August 29th, 2014 | 4 min read

By Matthew Lee Anderson

Pew's research on social media's effect on people's willingness to undertake conversations is worth pausing to reflect about for a moment.  Active social media use actually decreases people's willingness to share their opinions not simply online, but in other contexts as well.  This is particularly true of people who think their opinions are in the minority, though it happens more generally than that.

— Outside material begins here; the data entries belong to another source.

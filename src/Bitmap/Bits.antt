-- ===== src/Bitmap/Bits.antt =====
-- A bitmap as a function from bit numbers to bits, and what the operations keep.
use Prim.Native.Nat.{bit_and, bit_or}
use os.Base.{
  ℕ, ◌+◌, ◌-◌, ◌*◌, ◌/◌, ◌%◌, ◌^◌, ◌≤◌, ◌<◌, ◌≡◌, refl, sym, ◌∙◌, ◌≢◌, inl, inr, Bool, true, false,
  not, ◌&&◌, ◌||◌, arith, ltb, ◌==◌, Bool-cases, none, some, List, get_elem?, set, length,
  get_elem?-set_self, get_elem?-set_ne, lt_of_get_elem?, leb, replicate, get_elem?-replicate,
  get_elem?-of_ge, length-replicate, length-set, get_elem?-of_lt,
}
use os.Bitmap.{Bitmap, words_for}
use os.Bitmap.Bytes.{bit, bit-zero, bit-or, bit-clear}

-- Bit `i` of the bytes; there is no free bit behind them.
pub bit_at : List ℕ → ℕ → Bool
bit_at v i = elim (get_elem? v (i / 8)) [ none ↦ true | some w ↦ bit w (i % 8) ]

-- The bytes of a bitmap cover its bits, and those behind the last one are in use.
pub record IsBitmap (b : Bitmap) : Type 0 where
  pub small : b.nbits + 7 < 2 ^ 32
  pub covered : length b.v ≡ (b.nbits + 7) / 8
  pub bytes : (k w : ℕ) → get_elem? b.v k ≡ some w → w < 256
  pub leftover : (i : ℕ) → b.nbits ≤ i → bit_at b.v i ≡ true

pub bit_at_lem :
    (v : List ℕ) {w : ℕ} (i : ℕ) → get_elem? v (i / 8) ≡ some w → bit_at v i ≡ bit w (i % 8)
unfolding bit_at
bit_at_lem v i e = rw (e, bit_at)

-- Bytes of zero have every bit free.
pub bit_at-replicate : (n i : ℕ) → bit_at (replicate n 0) i ≡ leb (n * 8) i
unfolding bit_at
bit_at-replicate n i = elim (Bool-cases (ltb (i / 8) n)) [
  | inl inside ↦
      let free : leb (n * 8) i ≡ false = ground arith in
      rw (get_elem?-replicate {A = ℕ} n 0 (i / 8) (ground arith), bit_at, free)
        (bit-zero (i % 8) (omega arith))
  | inr beyond ↦
      let behind : leb (n * 8) i ≡ true = ground arith in
      let out =
        get_elem?-of_ge {A = ℕ} (replicate n 0) (i / 8)
          (ground (arith, length-replicate {A = ℕ} n 0)) in
      rw (out, bit_at, behind) refl
]

same_byte :
    (v : List ℕ) (ix w w' j : ℕ)
    → get_elem? v ix ≡ some w
    → j / 8 ≡ ix
    → bit_at (set v ix w') j ≡ bit w' (j % 8)
unfolding bit_at
same_byte v ix w w' j e h =
    let new : get_elem? (set v ix w') (j / 8) ≡ some w' =
      rw h (get_elem?-set_self v ix w' (lt_of_get_elem? v ix e)) in
    rw (new, bit_at)

other_byte : (v : List ℕ) (ix w' j : ℕ) → ix ≢ j / 8 → bit_at (set v ix w') j ≡ bit_at v j
unfolding bit_at
other_byte v ix w' j ne = rw (get_elem?-set_ne v ix (j / 8) w' ne, bit_at)

module _ (v : List ℕ) (i w : ℕ) (e : get_elem? v (i / 8) ≡ some w) (byte : w < 256) where
  -- `v` with bit `i` set, and with bit `i` cleared.
  abbrev pub with_bit : List ℕ
  with_bit = set v (i / 8) (bit_or w (2 ^ (i % 8)))

  abbrev pub without_bit : List ℕ
  without_bit = set v (i / 8) (bit_and w (0xff - 2 ^ (i % 8)))

  pub bit_at-with_bit : (j : ℕ) → bit_at with_bit j ≡ ((j == i) || bit_at v j)
  bit_at-with_bit j = elim (Bool-cases (j / 8 == i / 8)) [
    | inl hit ↦
        let there : j / 8 ≡ i / 8 = ground arith in
        let old : bit_at v j ≡ bit w (j % 8) = bit_at_lem v j (rw there e) in
        let number : (j % 8 == i % 8) ≡ (j == i) = ground arith in
        same_byte v (i / 8) w (bit_or w (2 ^ (i % 8))) j e there
        ∙ (bit-or w (i % 8) (j % 8) byte (omega arith) (omega arith) ∙ rw (number, old) refl)
    | inr miss ↦
        let number : (j == i) ≡ false = ground arith in
        rw number (other_byte v (i / 8) (bit_or w (2 ^ (i % 8))) j (ground arith))
  ]

  pub bit_at-without_bit : (j : ℕ) → bit_at without_bit j ≡ (not (j == i) && bit_at v j)
  bit_at-without_bit j = elim (Bool-cases (j / 8 == i / 8)) [
    | inl hit ↦
        let there : j / 8 ≡ i / 8 = ground arith in
        let old : bit_at v j ≡ bit w (j % 8) = bit_at_lem v j (rw there e) in
        let number : (j % 8 == i % 8) ≡ (j == i) = ground arith in
        same_byte v (i / 8) w (bit_and w (0xff - 2 ^ (i % 8))) j e there
        ∙ (bit-clear w (i % 8) (j % 8) byte (omega arith) (omega arith) ∙ rw (number, old) refl)
    | inr miss ↦
        let number : (j == i) ≡ false = ground arith in
        rw number (other_byte v (i / 8) (bit_and w (0xff - 2 ^ (i % 8))) j (ground arith))
  ]

-- Replacing a byte by a byte leaves bytes.
pub bytes-set :
    (v : List ℕ) (ix w' : ℕ)
    → ((k w : ℕ) → get_elem? v k ≡ some w → w < 256)
    → w' < 256
    → (k w : ℕ) → get_elem? (set v ix w') k ≡ some w
    → w < 256
bytes-set v ix w' bytes small k w e = elim (Bool-cases (ix == k)) [
  | inl hit ↦
      let there : ix ≡ k = ground arith in
      let inside : k < length v =
        omega (arith, lt_of_get_elem? (set v ix w') k e, length-set v ix w') in
      ground (arith, get_elem?-set_self v ix w' (omega arith))
  | inr miss ↦ bytes k w (sym (get_elem?-set_ne v ix k w' (ground arith)) ∙ e)
]

module _ {b : Bitmap} (h : IsBitmap b) where
  -- The byte of a bit of the map.
  pub byte_of : (i : ℕ) → i < b.nbits → (w : ℕ) × (get_elem? b.v (i / 8) ≡ some w) × (w < 256)
  byte_of i lt =
      let (w, e) = get_elem?-of_lt b.v (i / 8) (omega (arith, h.covered)) in
      (w, e, h.bytes (i / 8) w e)

  pub words_lem : words_for b.nbits ≡ length b.v
  words_lem = omega (arith, h.covered, h.small)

A number of people pointed out after I posted it on, erm, the social media channels that they used Snowdon and the NSA as their test case, and wondered whether this might have been particularly to blame for people's unwillingness to share their opinions online about the subject.  That's a fair point, but not persuasive:  after all, people were less likely to share their opinions in person, too.  Unless people were possessed then by total paranoia--and not living in America at the time, I am skeptical that they did but cannot properly assess it--then it seems like the muting effect has to do with the threat of perceived disagreements than the subject matter itself.

Somewhat relatedly, Freddie De Boer recently lamented the nasty state of online liberalism.  As he puts it:

It seems to me now that the public face of social liberalism has ceased to seem positive, joyful, human, and freeing. I now mostly associate that public face with danger, with an endless list of things that you can’t do or say or think, and with the constant threat of being called an existentially bad person if you say the wrong thing, or if someone decides to misrepresent what you said as saying the wrong thing. There are so many ways to step on a landmine now, so many terms that have become forbidden, so many attitudes that will get you cast out if you even appear to hold them. 

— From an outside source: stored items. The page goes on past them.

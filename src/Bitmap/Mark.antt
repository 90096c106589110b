-- ===== src/Bitmap/Mark.antt =====
-- bitmap_mark, bitmap_unmark and bitmap_isset.
use Prim.Native.Nat.{bit_and, bit_or}
use os.Base.{
  ℕ, ◌/◌, ◌%◌, ◌^◌, ◌<◌, ◌≡◌, refl, ◌∙◌, ◌≢◌, ◌↔◌, Bool, true, false, not, ◌&&◌, ◌||◌, arith, ltb,
  ◌==◌, some, get_elem?, set, length-set, get_elem?-set_self, lt_of_get_elem?, set-set,
  set-get_elem?,
}
use os.Base.Outcome.{ok, panic, ◌>>=◌}
use os.Bitmap.{Bitmap, bitmap_mark, bitmap_unmark, bitmap_isset}
use os.Bitmap.Bytes.{bit, bit-or, or-lt, clear-lt, clear-or}
use os.Bitmap.Bits.{
  IsBitmap, bit_at, bit_at_lem, with_bit, without_bit, bit_at-with_bit, bit_at-without_bit,
  bytes-set, byte_of,
}

-- `b'` is `b` with the bits as `f` says, and a bitmap again.
pub record Updated (b b' : Bitmap) (f : ℕ → Bool) : Type 0 where
  pub same_size : b'.nbits ≡ b.nbits
  pub bits : (j : ℕ) → bit_at b'.v j ≡ f j
  pub kept : IsBitmap b'

module _ {b : Bitmap} (h : IsBitmap b) (i w : ℕ) (e : get_elem? b.v (i / 8) ≡ some w) where
  abbrev pub byte : w < 256
  byte = h.bytes (i / 8) w e

  pub with_bit-Updated :
      Updated b (record b { v = with_bit b.v i w e byte }) (λ j. (j == i) || bit_at b.v j)
  with_bit-Updated = record {
    same_size = refl;
    bits = bit_at-with_bit b.v i w e byte;
    kept = record {
      small = h.small;
      covered = length-set b.v (i / 8) _ ∙ h.covered;
      bytes = bytes-set b.v (i / 8) _ h.bytes (or-lt w (i % 8) byte (omega arith));
      leftover = λ j out. rw (bit_at-with_bit b.v i w e byte j) (ground (arith, h.leftover j out));
    };
  }

module _ {b : Bitmap} (h : IsBitmap b) (i : ℕ) (lt : i < b.nbits) where
  abbrev pub at : (w : ℕ) × (get_elem? b.v (i / 8) ≡ some w) × (w < 256)
  at = byte_of h i lt

  inside : ltb i b.nbits ≡ true
  inside = ground (arith, lt)

  tested : bit_at b.v i ≡ bit at.0 (i % 8)
  tested = bit_at_lem b.v i at.1

  cleared-Updated :
      Updated b
        (record b { v = without_bit b.v i at.0 at.1 at.2 })
        (λ j. not (j == i) && bit_at b.v j)
  cleared-Updated = record {
    same_size = refl;
    bits = bit_at-without_bit b.v i at.0 at.1 at.2;
    kept = record {
      small = h.small;
      covered = length-set b.v (i / 8) _ ∙ h.covered;
      bytes = bytes-set b.v (i / 8) _ h.bytes (clear-lt at.0 (i % 8) at.2 (omega arith));
      leftover = λ j out.
          rw (bit_at-without_bit b.v i at.0 at.1 at.2 j) (ground (arith, h.leftover j out, lt));
    };
  }

  -- bitmap_mark sets a clear bit and no other, and panics on a bit that is set.
  pub bitmap_mark-Updated :
      (bit_at b.v i ≡ false
        → (b' : Bitmap) × (bitmap_mark b i ≡ ok b') × Updated b b' (λ j. (j == i) || bit_at b.v j))
      × (bit_at b.v i ≡ true → bitmap_mark b i ≡ panic)
  unfolding bitmap_mark
  bitmap_mark-Updated = (
    λ free.
        let clear : (bit_and at.0 (2 ^ (i % 8)) == 0) ≡ true = ground (arith, tested) in
        (
          record b { v = with_bit b.v i at.0 at.1 at.2 },
          rw (inside, at.1, clear) refl,
          with_bit-Updated h i at.0 at.1,
        ),
    λ taken.
        let busy : (bit_and at.0 (2 ^ (i % 8)) == 0) ≡ false = ground (arith, tested) in
        rw (inside, at.1, busy) refl,
  )

  -- bitmap_unmark clears a set bit and no other, and panics on a bit that is clear.
  pub bitmap_unmark-Updated :
      (bit_at b.v i ≡ true
        → (b' : Bitmap) × (bitmap_unmark b i ≡ ok b')
          × Updated b b' (λ j. not (j == i) && bit_at b.v j))
      × (bit_at b.v i ≡ false → bitmap_unmark b i ≡ panic)
  unfolding bitmap_unmark
  bitmap_unmark-Updated = (
    λ taken.
        let busy : (bit_and at.0 (2 ^ (i % 8)) == 0) ≡ false = ground (arith, tested) in
        (
          record b { v = without_bit b.v i at.0 at.1 at.2 },
          rw (inside, at.1, busy) refl,
          cleared-Updated,
        ),
    λ free.
        let clear : (bit_and at.0 (2 ^ (i % 8)) == 0) ≡ true = ground (arith, tested) in
        rw (inside, at.1, clear) refl,
  )

  -- bitmap_isset is nonzero exactly on a set bit.
  pub bitmap_isset_lem : (r : ℕ) × (bitmap_isset b i ≡ ok r) × ((r ≢ 0) ↔ (bit_at b.v i ≡ true))
  unfolding bitmap_isset
  bitmap_isset_lem = (bit_and at.0 (2 ^ (i % 8)), rw at.1 refl, ground (arith, tested))

  -- Marking a clear bit and unmarking it again gives the bitmap back.
  pub unmark-mark : bit_at b.v i ≡ false → (bitmap_mark b i >>= λ b'. bitmap_unmark b' i) ≡ ok b
  unfolding bitmap_mark bitmap_unmark
  unmark-mark free =
      let clear : (bit_and at.0 (2 ^ (i % 8)) == 0) ≡ true = ground (arith, tested) in
      let w' = bit_or at.0 (2 ^ (i % 8)) in
      let back = get_elem?-set_self b.v (i / 8) w' (lt_of_get_elem? b.v (i / 8) at.1) in
      let now : (bit_and w' (2 ^ (i % 8)) == 0) ≡ false =
        ground (arith, bit-or at.0 (i % 8) (i % 8) at.2 (omega arith) (omega arith)) in
      let whole : set (set b.v (i / 8) w') (i / 8) at.0 ≡ b.v =
        set-set b.v (i / 8) w' at.0 ∙ set-get_elem? b.v (i / 8) at.0 at.1 in
      let byte = clear-or at.0 (i % 8) at.2 (omega arith) (ground (arith, tested)) in
      rw (inside, at.1, clear) (rw (inside, back, now) (rw (byte, whole) refl))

It's a bit narrow, though, to say that this is simply a liberal problem.  Spend a few minutes browsing the comments on Erick Erickson's recent post on the conflict between his faith and his politics...or rather, don't.  You already know what's in there, and it is not pretty.  Conservatives (theological or otherwise) have their own "acceptable stances" and terms, too, and moving outside of them--as I have sometimes done--raises eyebrows and elicits emails.  Those exchanges have been, thankfully, generally more civil than what many folks get online.  But still, that kind of boundary-policing is exhausting to have to deal with.

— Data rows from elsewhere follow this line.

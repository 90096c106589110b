-- ===== src/Bitmap/Alloc.antt =====
-- bitmap_alloc takes the first free bit.
use os.Base.{
  ℕ, zero, suc, ◌+◌, ◌*◌, ◌/◌, ◌%◌, ◌<◌, ◌≡◌, refl, ◌∙◌, ◌≢◌, inl, inr, Bool, true, false, not,
  ◌&&◌, ◌||◌, arith, ltb, leb, ◌==◌, Bool-cases, Option, some, none, get_elem?, length,
  get_elem?-of_lt,
}
use os.Base.Outcome.{Outcome, ok, err, enospc}
use os.Bitmap.{Bitmap, clear_offset, or_word, take_bit, alloc_loop, bitmap_alloc}
use os.Bitmap.Bytes.{bit, all_below, all_below_sound, bit-allbits}
use os.Bitmap.Bits.{IsBitmap, bit_at, bit_at_lem, words_lem}
use os.Bitmap.Mark.{Updated, with_bit-Updated}

-- `o` is the first clear bit of the byte `w`.
record FirstClear (w o : ℕ) : Type 0 where
  small : o < 8
  clear : bit w o ≡ false
  before : (p : ℕ) → p < o → bit w p ≡ true

finds : ℕ → Bool
finds w = elim (clear_offset 8 0 w) [
  | none ↦ w == 0xff
  | some o ↦ ltb o 8 && (not (bit w o) && all_below 8 (λ p. leb o p || bit w p))
]

finds_all : (w : ℕ) → w < 256 → finds w ≡ true
unfolding finds clear_offset all_below
finds_all = all_below_sound 256 finds refl

clear_offset-FirstClear :
    (w : ℕ) → w < 256 → w ≢ 0xff → (o : ℕ) × (clear_offset 8 0 w ≡ some o) × FirstClear w o
unfolding finds
clear_offset-FirstClear w byte ne = go (clear_offset 8 0 w) refl
  where
    go :
        (r : Option ℕ)
        → clear_offset 8 0 w ≡ r
        → (o : ℕ) × (clear_offset 8 0 w ≡ some o) × FirstClear w o
    go none e = absurd (ground (arith, finds_all w byte))
    go (some o) e =
        let all : all_below 8 (λ p. leb o p || bit w p) ≡ true = ground (arith, finds_all w byte) in
        let small : o < 8 = ground (arith, finds_all w byte) in
        (
          o,
          e,
          record {
            small = small;
            clear = ground (arith, finds_all w byte);
            before = λ p lt.
                ground (arith, all_below_sound 8 (λ p. leb o p || bit w p) all p (omega arith));
          },
        )

-- What bitmap_alloc may come to: it takes the first free bit, or there is none.
pub data FirstFree (b : Bitmap) : Outcome (ℕ × Bitmap) → Type 0 where
  taken :
      {i : ℕ} {b' : Bitmap}
      → i < b.nbits
      → bit_at b.v i ≡ false
      → ((j : ℕ) → j < i → bit_at b.v j ≡ true)
      → Updated b b' (λ j. (j == i) || bit_at b.v j)
      → FirstFree b (ok (i, b'))
  exhausted : ((j : ℕ) → j < b.nbits → bit_at b.v j ≡ true) → FirstFree b (err enospc)

module _ {b : Bitmap} (h : IsBitmap b) where
  take_bit-FirstFree :
      (ix w : ℕ)
      → get_elem? b.v ix ≡ some w
      → w ≢ 0xff
      → ((j : ℕ) → j < ix * 8 → bit_at b.v j ≡ true)
      → FirstFree b (take_bit b ix w)
  unfolding take_bit or_word
  take_bit-FirstFree ix w e ne before =
      let (o, found, first) = clear_offset-FirstClear w (h.bytes ix w e) ne in
      let i = ix * 8 + o in
      let byte : i / 8 ≡ ix = omega (arith, first.small) in
      let offset : i % 8 ≡ o = omega (arith, first.small) in
      let here : get_elem? b.v (i / 8) ≡ some w = rw byte e in
      let free : bit_at b.v i ≡ false = bit_at_lem b.v i here ∙ rw offset first.clear in
      let inside : i < b.nbits = ground (arith, h.leftover i, free) in
      let test : ltb i b.nbits ≡ true = ground arith in
      let lower : (j : ℕ) → j < i → bit_at b.v j ≡ true = λ j lt.
        elim (Bool-cases (ltb j (ix * 8))) [
          | inl early ↦ before j (ground arith)
          | inr late ↦
              let same : j / 8 ≡ ix = ground (arith, first.small) in
              bit_at_lem b.v j (rw same e) ∙ first.before (j % 8) (ground arith)
        ] in
      rw (found, take_bit, e, test)
        (taken inside free lower (rw (byte, offset) at (with_bit-Updated h i w here)))

  full_byte :
      (ix w : ℕ)
      → get_elem? b.v ix ≡ some w
      → w ≡ 0xff
      → ((j : ℕ) → j < ix * 8 → bit_at b.v j ≡ true)
      → (j : ℕ) → j < (ix + 1) * 8
      → bit_at b.v j ≡ true
  full_byte ix w e ones before j lt = elim (Bool-cases (ltb j (ix * 8))) [
    | inl early ↦ before j (ground arith)
    | inr late ↦
        let same : j / 8 ≡ ix = ground arith in
        let here : get_elem? b.v (j / 8) ≡ some 0xff = rw (same, ← ones) e in
        bit_at_lem b.v j here ∙ bit-allbits (j % 8) (omega arith)
  ]

  alloc_loop-FirstFree :
      (left ix : ℕ)
      → ix + left ≡ length b.v
      → ((j : ℕ) → j < ix * 8 → bit_at b.v j ≡ true)
      → FirstFree b (alloc_loop left ix b)
  unfolding alloc_loop
  alloc_loop-FirstFree zero ix total before =
      exhausted (λ j lt. before j (omega (arith, h.covered)))
  alloc_loop-FirstFree (suc left) ix total before =
      let (w, e) = get_elem?-of_lt b.v ix (omega arith) in
      elim (Bool-cases (w == 0xff)) [
        | inl full ↦
            rw (e, full)
              (alloc_loop-FirstFree left (ix + 1) (omega arith)
                (full_byte ix w e (ground arith) before))
        | inr free ↦ rw (e, free) (take_bit-FirstFree ix w e (ground arith) before)
      ]

  -- bitmap_alloc returns the first free bit, marks it and no other, and fails with ENOSPC exactly
  -- when every bit is in use. It never panics.
  pub bitmap_alloc-FirstFree : FirstFree b (bitmap_alloc b)
  unfolding bitmap_alloc
  bitmap_alloc-FirstFree =
      alloc_loop-FirstFree _ 0 (omega (arith, words_lem h)) (λ j lt. absurd (omega arith))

I've been ruminating on all this recently, along with my friend David Sessions' excellent post on why the internet is awful and Frank Chimero's analysis of Twitter, which suggests that the nature of the conversation there has moved from the "front porch" mode to the "street" mode.  I don't have grand thoughts about how it all connects--smarter minds than I, like David, will have to take up that task.

But by way of hypothesis, I do wonder whether the shift in conversations away from blogs or other internet "third places" toward the more intimate and personal "social media" platforms is partly responsible for the increasing difficulty people seem to have disagreeing with others online and elsewhere. This is particularly the case with Facebook, I think, moreso than Twitter--and might explain why Facebook users experience the 'spiral of silence' more.  In my Facebook use, for instance, I might go from pictures of my life around town one moment (when I lived in Oxford, anyway) to discussing the politics of Hobby Lobby the next.  I see pictures of my friends' children, and then get comments from them disagreeing with me.

The intellectual environment such juxtapositions create blurs any distinction between personal and public, which makes it more difficult to disentangle the disagreements I have with my friends about (say) social policies regarding marriage from my friendships themselves.   This is particularly true with people that I have not seen much, like friends from undergrad.  I'm not generally one to shy away from conflict.  But with what feels like so many minor conflicts and disagreements going all the time, attrition simply takes over and I lose my appetite for the conversation.  Those are people I'm supposed to be friends with, or at least friendly with, after all, but perpetual, pervasive disagreement at even a cheerful level is corrosive to that.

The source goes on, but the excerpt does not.